Examination of the invention- the patent application is not examined immediately but rather after a certain period. The time until the application is examined varies from country to country and ranges from one to 3 years. The patent is examined by an examiner in the country where the patent was filed which checks whether the patent application meets the formal and substantive requirements of the patent laws of the country where the patent was filed. The formal examination includes whether all the required documents and parts have been filed in the patent application, for example standard drawings, power of attorney with required, etc. The substantive test includes a triple test of whether the invention is innovative (novelty), has an inventive step and can be applied in industry (utility). An examination report (Office Action report) dealing with the formal and substantive procedures is sent to the patent attorney and includes relevant citations of patents and articles published prior to filing the patent application and the patent attorney must respond to the exam report according to a pre-determined time frame.

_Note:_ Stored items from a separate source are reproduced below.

-- ===== src/Compose/StartOrder/Sound.antt =====
-- What an order that `startOrder` returns is.
use thrive.Prelude.{suc, ◌≡◌, List, [], arith, Text, contains, keys, IsNodup, length}
use thrive.Compose.{ComposeFile}
use thrive.Compose.StartOrder.{Search, ok, visit, start, start_order}
use thrive.Compose.StartOrder.Loop.{IsOrdered, Inv-start, visit-Extends, visit_all-Extends}

-- Every service once, behind all that it depends on, and nothing else.
pub record IsStartOrder (cf : ComposeFile) (order : List Text) : Type 0 where
  pub ordered : IsOrdered cf [] order
  pub once : IsNodup order
  pub same : (a : Text) → contains order a ≡ contains (keys cf.services) a

-- Whenever `startOrder` returns an order, it lists each service of the file exactly once, no other
-- name, and every service behind all the services that it depends on.
pub start_order-IsStartOrder :
    (cf : ComposeFile) (t : Search) → start_order cf ≡ ok t → IsStartOrder cf t.result
unfolding start_order
start_order-IsStartOrder cf t e =
    let fuel = suc (length cf.services) in
    let (ext, all) =
      visit_all-Extends cf (visit cf fuel) (visit-Extends cf fuel) (keys cf.services) start t
        (Inv-start cf) e in
    record {
      ordered = ext.inv.ordered;
      once = ext.inv.once;
      same = λ a. ground (arith, ext.inv.known a, all a);
    }
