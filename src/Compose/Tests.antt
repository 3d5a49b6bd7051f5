-- ===== src/Compose/Tests.antt =====
-- Compose files, and the theorems at them.
use thrive.Prelude.{
  ℕ, ◌∷◌, cut_prefix, has, ◌≡◌, ◌≢◌, refl, true, List, [], none, some, arith, Text, text, ◌=ᵗ◌,
  eq_iff, Dict, itoa, digits_onto, lookup, keys, contains, add_key, if◌then◌else◌,
}
use thrive.Compose.{ComposeFile, ServiceDef}
use thrive.Compose.StartOrder.{
  circular_dependency, not_found, out_of_fuel, Search, ok, err, start_order,
}
use thrive.Compose.StartOrder.Fuel.{IsRanked, start_order-ends, start_order-succeeds}
use thrive.Compose.Ports.{PortMapping, IsPrintable, print_port, parse_port, parse_port-print}
use thrive.Compose.Names.{service_prefix, extends, replica_id}
use thrive.Compose.StartOrder.Sound.{IsStartOrder, start_order-IsStartOrder}

abbrev service : List Text → ServiceDef
service depends_on = record {
  image = text "img";
  build = none;
  command = [];
  environment = [];
  ports = [];
  volumes = [];
  networks = [];
  depends_on = depends_on;
  restart = [];
}

abbrev file : Dict ServiceDef → ComposeFile
file services = record { version = []; services = services; networks = []; volumes = [] }

-- "web" waits for "db" and "cache", and "cache" for "db".
abbrev app : ComposeFile
app = file (
    (text "web", service (text "db" ∷ text "cache" ∷ []))
    ∷ (text "cache", service (text "db" ∷ []))
    ∷ (text "db", service [])
    ∷ [])

abbrev app_order : List Text
app_order = text "db" ∷ text "cache" ∷ text "web" ∷ []

abbrev app_end : Search
app_end = record { visited = app_order; in_stack = []; result = app_order }

program : Unit {0}
unfolding start_order ◌=ᵗ◌ lookup contains add_key
program = tt

ordered : start_order app ≡ ok app_end
unfolding program
ordered = refl

looped :
    start_order
      (file ((text "a", service (text "b" ∷ [])) ∷ (text "b", service (text "a" ∷ [])) ∷ []))
    ≡ err (circular_dependency (text "a"))
unfolding program
looped = refl

undeclared :
    start_order (file ((text "a", service (text "b" ∷ [])) ∷ [])) ≡ err (not_found (text "b"))
unfolding program
undeclared = refl

start_order-IsStartOrder_example : IsStartOrder app app_order
start_order-IsStartOrder_example = start_order-IsStartOrder app app_end ordered

start_order-ends_example : start_order app ≢ err out_of_fuel
start_order-ends_example = start_order-ends app

abbrev small : ComposeFile
small = file ((text "b", service (text "a" ∷ [])) ∷ (text "a", service []) ∷ [])

small_rank : Text → ℕ
small_rank name = if name =ᵗ text "b" then 1 else 0

small-IsRanked : IsRanked small small_rank
unfolding lookup contains keys small_rank
small-IsRanked = record {
  declared = λ name d m.
      ground (arith, eq_iff (text "b") name, eq_iff (text "a") name, eq_iff (text "a") d);
  falls = λ name d m. ground (
    arith,
    eq_iff (text "b") name,
    eq_iff (text "a") name,
    eq_iff (text "a") d,
    eq_iff d (text "b"),
    eq_iff name (text "b"),
  );
}

start_order-succeeds_example : (t : Search) × (start_order small ≡ ok t)
start_order-succeeds_example = start_order-succeeds small small_rank small-IsRanked

abbrev web_port : PortMapping
web_port = record { host_port = 8080; container_port = 80; protocol = text "udp" }

web_port-IsPrintable : IsPrintable web_port
unfolding has
web_port-IsPrintable = record {
  host = (omega arith, omega arith);
  container = (omega arith, omega arith);
  protocol = refl;
}

parse_port-print_example : parse_port (print_port web_port) ≡ some web_port
parse_port-print_example = parse_port-print web_port web_port-IsPrintable

printed : print_port web_port ≡ text "8080:80/udp"
unfolding itoa digits_onto
printed = refl

abbrev entries : List Text
entries = text "app-b-c-1" ∷ text "app-a-1" ∷ text "app-b-0" ∷ []

entries-collision : contains entries (replica_id (text "app") (text "b-c") 1) ≡ true
unfolding contains itoa digits_onto ◌=ᵗ◌
entries-collision = refl

here : contains entries (text "app-b-0") ≡ true
unfolding contains ◌=ᵗ◌
here = refl

begins : extends (service_prefix (text "app") (text "b")) (text "app-b-0") ≡ true
unfolding extends cut_prefix
begins = refl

According to the exam report it is sometimes necessary to change the part of the claims that define the invention, this process is done of course in collaboration with the inventor and his opinion. The examination process can take a long time, with the parties exchanging reports and answers that include citations from the patent, examiner of patent-related material and answers from the patent attorney as to why the citations are irrelevant due to changes made in the patent application claims.

Patent issuance - When the patent examiner decides that the answer received meets the requirements for obtaining the patent, a certificate of acceptance of the patent application is sent. After receiving notification of the patent acceptance, the acceptance fees must be paid and the patent application receives a registered patent number and the patent is published. In Israel the patent application is published before a patent is granted (however after the examiner has decided to grant a patent). The time that elapses between the initial submission and the end of the exam ranges on average from two to five years in various countries.

Renewal fee - in general, a patent allows the invention to be protected for up to 20 years from the date of filing the application. In order to keep the patent valid during the period, a patent renewal fee must be paid. In some countries like Europe e a periodic fee is required even at the stage where the patent has not yet been registered (after the application has been filed), in other countries like USA a renewal fee is required only after the patent is received.